The above code is rather inefficient, though it can do the job.

In [5]:
# Define experiment for vmin:
def vmin_toss():
    """
    num: Number of experiments.
    """
    vmins = None
    coin_ls = [Coin() for i in range(1000)] # It's better to define a new ls every experiment inside the function.
    for t in range(10):
        for coin in coin_ls:
            coin.toss()
            coin.record()
    # print([coin.count_head() for coin in coin_ls])
    vmins = min([coin.count_head() for coin in coin_ls])
    return vmins / 10

exp_n = 1000
sum([vmin_toss() for i in range(exp_n)]) / exp_n

0.03670000000000025

Thus, we can know that our intuition is correct for v1 and vrand, but not for vmin. Thus the answer for question 1 should be **[b] 0.01**.

#### 2.Which coin(s) has a distribution of ν that satisfies the (single-bin) Hoeffding Inequality?

[a] c1 only

[b] crand only

[c] cmin only

**[d] c1 and crand**

[e] cmin and crand

### Answer:
From question 1 we can find out that **[d] c1 and crand** is the correct answer.

The experiment shows that v1 and vrand are approximate to 0.5, the actual out-of-sample probability of getting a head given that coins are fair. The vmin is minipulated which resulted in abnormal low probability of head.

## Error and Noise

Consider the bin model for a hypothesis **h** that makes an error with probability **µ** in approximating a deterministic target function **f** (both **h** and **f** are __binary functions__).

If we use the same **h** to approximate a noisy version of **f** given by:

![image.png](attachment:image.png)

#### 3.What is the probability of error that h makes in approximating y? Hint: Two wrongs can make a right!

[a] µ

[b] λ

[c] 1-µ

[d] (1 − λ) ∗ µ + λ ∗ (1 − µ)

**[e] (1 − λ) ∗ (1 − µ) + λ ∗ µ**

There are two kinds of error, true error and false correct.

P(true error) = (1-µ) * (1-λ)

P(false correct) = µ * λ

#### 4.At what value of λ will the performance of h be independent of μ?
[a] 0

**[b] 0.5**

[c] 1/√2

[d] 1

[e] No values of λ


If the performance of h is to be independent of μ, then it is the same as saying that the target function is totally random. When λ = 0.5, which means that the f is not the case half of the time. When we think of a fair coin toss, we can assume a similar situation:

$P(y|X) = \{ 0.5  y = f(x) ; 0.5 y \neq f(x)\}$

Where $f(x)$ can be think of $f(x) = "head"$. Naturally, y \neq f(x) means "not head", or "tail".
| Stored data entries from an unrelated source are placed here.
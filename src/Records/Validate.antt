-- ===== src/Records/Validate.antt =====
-- `validate_log` and `valid_log_record` of components/sniffer_core/records.cpp, and `grade` of
-- parsers.cpp.
use surveillance_hound.Common.{
  ℕ, zero, suc, ◌+◌, ◌-◌, Bool, true, false, not, ◌&&◌, ◌||◌, Option, none, some, List, [], ◌∷◌,
  ◌++◌, leb, ◌==◌, if◌then◌else◌, length, take, drop, byte_at, all, list_eq, ◌>>=◌,
}
use surveillance_hound.Common.Int.{ℤ, pos, negsuc, ltb_ℤ}
use surveillance_hound.Core.Text.{codes}
use surveillance_hound.Json.{
  Reader, token, object, array, boolean, type_eq, parse, member, integer, string_of, raw,
}
use surveillance_hound.Utilities.{parse_utc}

abbrev pub grade : ℕ → List ℕ
grade score =
    if leb 80 score
    then codes "high"
    else if leb 50 score
    then codes "medium"
    else if leb 20 score
    then codes "low"
    else codes "informational"

unfoldable pub one_of : List (List ℕ) → List ℕ → Bool
one_of [] s = false
one_of (w ∷ ws) s = list_eq w s || one_of ws s

abbrev pub categories : List (List ℕ)
categories =
    codes "FLOCK"
    ∷ codes "AXON"
    ∷ codes "GLASSES"
    ∷ codes "SKIMMER"
    ∷ codes "RAVEN"
    ∷ codes "AIRTAG"
    ∷ codes "TILE"
    ∷ codes "SAMSUNG_TAG"
    ∷ codes "GOOGLE_TAG"
    ∷ codes "DRONE"
    ∷ codes "ALPR"
    ∷ codes "CAMERA"
    ∷ codes "RING"
    ∷ codes "IBEACON"
    ∷ codes "FLIPPER"
    ∷ codes "PWNAGOTCHI"
    ∷ codes "PINEAPPLE"
    ∷ codes "DEAUTH"
    ∷ codes "EVIL_TWIN"
    ∷ []

abbrev pub is_lower_hex : ℕ → Bool
is_lower_hex c = (leb b'0' c && leb c b'9') || (leb b'a' c && leb c b'f')

abbrev pub is_base32 : ℕ → Bool
is_base32 c = (leb b'A' c && leb c b'Z') || (leb b'2' c && leb c b'7')

abbrev pub is_rule_char : ℕ → Bool
is_rule_char c =
    (leb b'a' c && leb c b'z') || (leb b'0' c && leb c b'9') || (c == b'_') || (c == b'.')

-- The text of a string that is read, tested; none fails.
abbrev pub passes : (List ℕ → Bool) → Option (List ℕ) → Bool
passes test none = false
passes test (some s) = test s

abbrev pub within : ℤ → ℤ → Option ℤ → Bool
within lo hi none = false
within lo hi (some n) = not (ltb_ℤ n lo) && not (ltb_ℤ hi n)

abbrev pub ordered : Option ℤ → Option ℤ → Bool
ordered (some a) (some b) = not (ltb_ℤ b a)
ordered none b = false
ordered (some a) none = false

-- yyyy-mm-ddThh:mm:ssZ
unfoldable pub is_utc : List ℕ → Bool
is_utc utc =
    (length utc == 20)
    && (byte_at utc 4 == b'-')
    && (byte_at utc 7 == b'-')
    && (byte_at utc 10 == b'T')
    && (byte_at utc 13 == b':')
    && (byte_at utc 16 == b':')
    && (byte_at utc 19 == b'Z')
    && elim (parse_utc (
          take 4 utc
          ++ (take 2 (drop 5 utc)
              ++ (take 2 (drop 8 utc) ++ (take 2 (drop 11 utc) ++ take 2 (drop 14 utc))))))
        as (λ o. Bool) [ none ↦ false | some n ↦ true ]
    && leb b'0' (byte_at utc 17)
    && leb (byte_at utc 17) b'5'
    && leb b'0' (byte_at utc 18)
    && leb (byte_at utc 18) b'9'

module _ (line : List ℕ) (j : Reader) where
  -- str(key, out), where `out` has `size` characters.
  unfoldable pub str : List ℕ → ℕ → Option (List ℕ)
  str key size = do t ← member line j (some 0) key; string_of line j t size

  unfoldable pub number : List ℕ → Option ℤ
  number key = integer line j (member line j (some 0) key)

  unfoldable pub all_filled : List (List ℕ) → Bool
  unfolding str
  all_filled [] = true
  all_filled (key ∷ keys) = passes (λ s. not (byte_at s 0 == 0)) (str key 160) && all_filled keys

  unfoldable pub numbers_ok : Bool
  unfolding number
  numbers_ok =
      within (pos 1) (pos 1) (number (codes "schema_version"))
      && within (pos 1) (pos 100) (number (codes "score"))
      && within (pos 1) (pos 0xffffffff) (number (codes "seen_count"))
      && within (pos 0) (pos 14) (number (codes "channel"))
      && within (pos 0) (pos 9007199254740991) (number (codes "first_seen_ms"))
      && within (pos 0) (pos 9007199254740991) (number (codes "uptime_ms"))
      && ordered (number (codes "first_seen_ms")) (number (codes "uptime_ms"))
      && within (negsuc 126) (pos 20) (number (codes "rssi_min"))
      && within (negsuc 126) (pos 20) (number (codes "rssi_max"))
      && within (negsuc 126) (pos 20) (number (codes "rssi_avg"))
      && ordered (number (codes "rssi_min")) (number (codes "rssi_avg"))
      && ordered (number (codes "rssi_avg")) (number (codes "rssi_max"))

  unfoldable pub grade_of : Option ℤ → List ℕ
  grade_of none = []
  grade_of (some (negsuc n)) = []
  grade_of (some (pos n)) = grade n

  unfoldable pub choices_ok : Bool
  unfolding str one_of
  choices_ok =
      passes (one_of (codes "wifi" ∷ codes "ble" ∷ [])) (str (codes "radio") 160)
      && passes (one_of (codes "US" ∷ codes "EU" ∷ [])) (str (codes "region") 160)
      && passes (one_of (codes "private" ∷ codes "research" ∷ [])) (str (codes "privacy_mode") 160)
      && passes (one_of (codes "public" ∷ codes "random" ∷ [])) (str (codes "address_type") 160)
      && passes (one_of (codes "uptime_only" ∷ codes "manual" ∷ []))
          (str (codes "time_quality") 160)

  unfoldable pub time_ok : Bool
  unfolding str is_utc raw
  time_ok =
      if passes (list_eq (codes "uptime_only")) (str (codes "time_quality") 160)
      then elim (member line j (some 0) (codes "observed_at")) as (λ o. Bool) [
        | none ↦ false
        | some t ↦ list_eq (raw line j t) (codes "null")
      ]
      else passes is_utc (str (codes "observed_at") 24)

  -- The loop over the rule ids, from token i on.
  unfoldable pub rule_ids_ok : ℕ → ℕ → Bool
  rule_ids_ok zero i = true
  rule_ids_ok (suc n) i =
      passes (λ s. not (byte_at s 0 == 0) && all is_rule_char s) (string_of line j i 65)
      && rule_ids_ok n (i + 1)

  unfoldable pub rules_ok : Option ℕ → Bool
  unfolding rule_ids_ok
  rules_ok none = false
  rules_ok (some t) =
      let size = (token j t).after - t in
      type_eq (token j t).type array && leb 2 size && leb size 5 && rule_ids_ok (size - 1) (t + 1)

  unfoldable pub is_boolean : Option ℕ → Bool
  is_boolean none = false
  is_boolean (some t) = type_eq (token j t).type boolean

  unfoldable pub validate_log : Bool
  unfolding str number all_filled one_of numbers_ok grade_of choices_ok time_ok is_boolean rules_ok
  validate_log =
      type_eq (token j 0).type object
      && all_filled (
          codes "event_id"
          ∷ codes "firmware_version"
          ∷ codes "hardware"
          ∷ codes "identifier"
          ∷ codes "label"
          ∷ codes "reason"
          ∷ codes "session_id"
          ∷ codes "signature_pack"
          ∷ [])
      && passes (list_eq (codes "E32R40T")) (str (codes "hardware") 160)
      && passes (λ s. (length s == 32) && all is_lower_hex s) (str (codes "session_id") 160)
      && passes (λ s. (length s == 20) && all is_base32 s) (str (codes "identifier") 160)
      && passes (one_of categories) (str (codes "category") 160)
      && numbers_ok
      && passes (list_eq (grade_of (number (codes "score")))) (str (codes "confidence") 160)
      && choices_ok
      && time_ok
      && is_boolean (member line j (some 0) (codes "meal_awarded"))
      && rules_ok (member line j (some 0) (codes "rule_ids"))

unfoldable pub valid_log_record : List ℕ → Bool
unfolding validate_log
valid_log_record line = elim (parse line) as (λ o. Bool) [
  | none ↦ false
  | some j ↦ validate_log line j
]
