-- ===== src/Privacy/Token.antt =====
-- A token is what the log validator takes for an identifier.
use surveillance_hound.Common.{
  some-inj, ℕ, zero, suc, ◌+◌, ◌-◌, ◌*◌, ◌/◌, ◌%◌, ◌^◌, ◌≤◌, ◌<◌, ◌≡◌, refl, subst, inl, inr, true,
  ◌&&◌, Option, none, some, List, [], ◌∷◌, ◌++◌, arith, ltb, ◌==◌, if◌then◌else◌, Bool-cases,
  length, take, byte_at, all, length-append, length-take, checked_up_to, checked_up_to-at, and-true,
}
use surveillance_hound.Core.{samsung_identity, Detection}
use surveillance_hound.Records.Validate.{is_base32}
use surveillance_hound.Privacy.{
  address_input, samsung_input, alphabet, letter, drain, base32, token_of, private_token,
}

-- A code has 32 bytes.
abbrev pub IsMac : (List ℕ → List ℕ → Option (List ℕ)) → Type 0
IsMac hmac = (key bytes mac : List ℕ) → hmac key bytes ≡ some mac → length mac ≡ 32

letter-base32 : (k : ℕ) → is_base32 (letter k) ≡ true
unfolding letter
letter-base32 k = by (k % 32) (omega arith)
  where
    by : (i : ℕ) → i < 32 → is_base32 (byte_at alphabet i) ≡ true
    by i h =
        checked_up_to-at (λ i. is_base32 (byte_at alphabet i)) 32 i h (unfold checked_up_to in refl)

drain-length :
    (fuel bits available : ℕ)
    → available ≤ fuel
    → (length (drain fuel bits available).0 ≡ available / 5)
      × ((drain fuel bits available).1 ≡ available % 5)
unfolding drain
drain-length zero bits available h = (omega arith, omega arith)
drain-length (suc fuel) bits available h = elim (Bool-cases (ltb available 5)) [
  | inl e ↦ rw (e) (few available e)
  | inr e ↦
      let (a, b) = drain-length fuel bits (available - 5) (ground (arith, h, e)) in
      let five : available ≡ 5 + (available - 5) = ground (arith, e) in
      rw (e) (ground (arith, a, five), ground (arith, b, five))
]
  where
    few : (n : ℕ) → ltb n 5 ≡ true → (0 ≡ n / 5) × (n ≡ n % 5)
    few n e = (ground (arith, e), ground (arith, e))

drain-base32 : (fuel bits available : ℕ) → all is_base32 (drain fuel bits available).0 ≡ true
unfolding drain
drain-base32 zero bits available = refl
drain-base32 (suc fuel) bits available = elim (Bool-cases (ltb available 5)) [
  | inl e ↦ rw (e) refl
  | inr e ↦
      rw (e, letter-base32 (bits / 2 ^ (available - 5))) (drain-base32 fuel bits (available - 5))
]

all-append_true :
    (xs ys : List ℕ)
    → all is_base32 xs ≡ true
    → all is_base32 ys ≡ true
    → all is_base32 (xs ++ ys) ≡ true
all-append_true [] ys a b = b
all-append_true (x ∷ xs) ys a b =
    let (here, later) = and-true (is_base32 x) (all is_base32 xs) a in
    rw (here) (all-append_true xs ys later b)

base32-length :
    (bytes : List ℕ) (bits available : ℕ)
    → available < 5
    → length (base32 bits available bytes) ≡ (available + 8 * length bytes + 4) / 5
unfolding base32
base32-length [] bits available h = elim (Bool-cases (available == 0)) [
  | inl e ↦ rw (e) (ground (arith, e))
  | inr e ↦ rw (e) (ground (arith, e, h))
]
base32-length (b ∷ bytes) bits available h =
    let next = bits * 256 % 2 ^ 32 + b in
    let taken = drain (available + 8) next (available + 8) in
    let (count, left) = drain-length (available + 8) next (available + 8) (omega arith) in
    let later = base32-length bytes next taken.1 (omega (arith, left)) in
    omega (arith, length-append taken.0 (base32 next taken.1 bytes), count, left, later)

base32-all :
    (bytes : List ℕ) (bits available : ℕ) → all is_base32 (base32 bits available bytes) ≡ true
unfolding base32
base32-all [] bits available = elim (Bool-cases (available == 0)) [
  | inl e ↦ rw (e) refl
  | inr e ↦ rw (e, letter-base32 (bits * 2 ^ (5 - available) % 2 ^ 32)) refl
]
base32-all (b ∷ bytes) bits available =
    all-append_true (drain (available + 8) (bits * 256 % 2 ^ 32 + b) (available + 8)).0 _
      (drain-base32 (available + 8) (bits * 256 % 2 ^ 32 + b) (available + 8))
      (base32-all bytes _ _)

-- A token that could be computed has twenty characters, all of them letters or digits of base 32: just
-- what the validator of the log accepts as an identifier.
pub private_token-base32 :
    (hmac : List ℕ → List ℕ → Option (List ℕ)) (key : List ℕ) (d : Detection) (token : List ℕ)
    → IsMac hmac
    → private_token hmac key d ≡ some token
    → ((length token == 20) && all is_base32 token) ≡ true
private_token-base32 hmac key d token sized e = by (hmac key input) refl (unfold private_token in e)
  where
    input : List ℕ
    input = if samsung_identity d then samsung_input d 1 else address_input d

    by :
        (o : Option (List ℕ))
        → hmac key input ≡ o
        → token_of o ≡ some token
        → ((length token == 20) && all is_base32 token) ≡ true
    by none f g = cc
    by (some digest) f g =
        let size : (length (base32 0 0 (take 12 digest)) == 20) ≡ true = ground (
          arith,
          base32-length (take 12 digest) 0 0 (omega arith),
          length-take 12 digest,
          sized key input digest f,
        ) in
        subst (λ t. ((length t == 20) && all is_base32 t) ≡ true) (some-inj g)
          (rw (size) (base32-all (take 12 digest) 0 0))
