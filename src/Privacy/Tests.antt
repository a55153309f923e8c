-- ===== src/Privacy/Tests.antt =====
-- Tokens of a concrete device. The code that is used here is not a cryptographic one.
use surveillance_hound.Common.{
  ℕ, ◌≡◌, refl, true, ◌&&◌, Option, some, List, [], ◌∷◌, arith, ◌==◌, length, all, replicate,
}
use surveillance_hound.Core.{blank_detection}
use surveillance_hound.Core.Text.{codes}
use surveillance_hound.Records.Validate.{is_base32}
use surveillance_hound.Privacy.{private_token}
use surveillance_hound.Privacy.Token.{IsMac, private_token-base32}

abbrev toy : List ℕ → List ℕ → Option (List ℕ)
toy key bytes = some (255 ∷ replicate 31 (length bytes))

toy-IsMac : IsMac toy
toy-IsMac key bytes mac e = ground (arith, e)

abbrev device_token : List ℕ
device_token = codes "74EAQCAIBAEAQCAIBAEA"

private_token-device : private_token toy [] blank_detection ≡ some device_token
unfolding private_token
private_token-device = refl

private_token-base32_example : ((length device_token == 20) && all is_base32 device_token) ≡ true
private_token-base32_example =
    private_token-base32 toy [] blank_detection device_token toy-IsMac private_token-device
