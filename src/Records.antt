-- ===== src/Records.antt =====
-- The bounded text writer of components/sniffer_core/records.cpp.
pub mod Validate
pub mod Escape
pub mod ReadBack
mod Tests
use surveillance_hound.Common.{
  ℕ, zero, suc, ◌+◌, ◌-◌, ◌*◌, ◌/◌, ◌%◌, ◌^◌, ◌≤◌, ◌<◌, min, max, pred, ◌≡◌, refl, sym, ap, ap₂,
  subst, ◌∙◌, ◌≢◌, ◌↔◌, ◌⊎◌, inl, inr, Bool, true, false, not, ◌&&◌, ◌||◌, Option, none, some, List,
  [], ◌∷◌, ◌++◌, map, arith, ltb, leb, ◌==◌, if◌then◌else◌, bool_eq, to_bit, Bool-cases,
  Option-cases, length,
}
use surveillance_hound.Core.Text.{codes}

-- `used_` is the length of what is written; the buffer has `size` characters.
pub record Writer : Type 0 where
  pub written : List ℕ
  pub size : ℕ
  pub ok : Bool

-- Writer(out)
abbrev pub new_writer : ℕ → Writer
new_writer size = record { written = []; size = size; ok = true }

-- One character is kept for the zero at the end.
unfoldable pub text : Writer → List ℕ → Writer
text w s =
    if not w.ok || leb (w.size - length w.written) (length s)
    then record w { ok = false }
    else record w { written = w.written ++ s }

unfoldable pub hex_digit : ℕ → ℕ
hex_digit n = if ltb n 10 then b'0' + n else b'a' + (n - 10)

-- What `string` writes for one character; "%04x" of a byte starts with two zeros.
unfoldable pub escape_char : ℕ → List ℕ
escape_char c =
    if c == b'"'
    then b'\\' ∷ b'"' ∷ []
    else if c == b'\\'
    then b'\\' ∷ b'\\' ∷ []
    else if ltb c 32 || ltb 126 c
    then b'\\' ∷ b'u' ∷ b'0' ∷ b'0' ∷ hex_digit (c / 16) ∷ hex_digit (c % 16) ∷ []
    else c ∷ []

-- The loop of `string`.
unfoldable pub string_chars : Writer → List ℕ → Writer
unfolding escape_char text
string_chars w [] = w
string_chars w (c ∷ s) = string_chars (text w (escape_char c)) s

-- Writer::string
unfoldable pub string : Writer → List ℕ → Writer
unfolding string_chars
string w s = text (string_chars (text w (b'"' ∷ [])) s) (b'"' ∷ [])

-- Writer::size
unfoldable pub written_size : Writer → ℕ
written_size w = if w.ok then length w.written else 0

-- What is in `output` behind a call, and the returned size.
unfoldable pub json_escape : List ℕ → ℕ → Writer × ℕ
unfolding string written_size
json_escape s size =
    if size == 0
    then (new_writer 0, 0)
    else (string (new_writer size) s, written_size (string (new_writer size) s))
Thus, we can see that when $\lambda = 0.5$, the target function is like a coin toss which will make the hypothesis useless no matter what.

## Linear Regression

In these problems, we will explore how Linear Regression for classification works. As with the Perceptron Learning Algorithm in Homework # 1, you will create your own **target function f** and **data set D**. Take **d = 2** so you can visualize the problem, and assume **X = [−1, 1] × [−1, 1]** with uniform probability of picking each **x ∈ X**. 

In each run, choose a random line in the plane as your target function **f** (do this by taking two random, uniformly distributed points in [−1, 1] × [−1, 1] and taking the line passing through them), where one side of the line maps to +1 and the other maps to −1. Choose the inputs $x_n$ of the data set as random points (uniformly in **X**), and evaluate the target function on each xn to get the corresponding output $y_n$.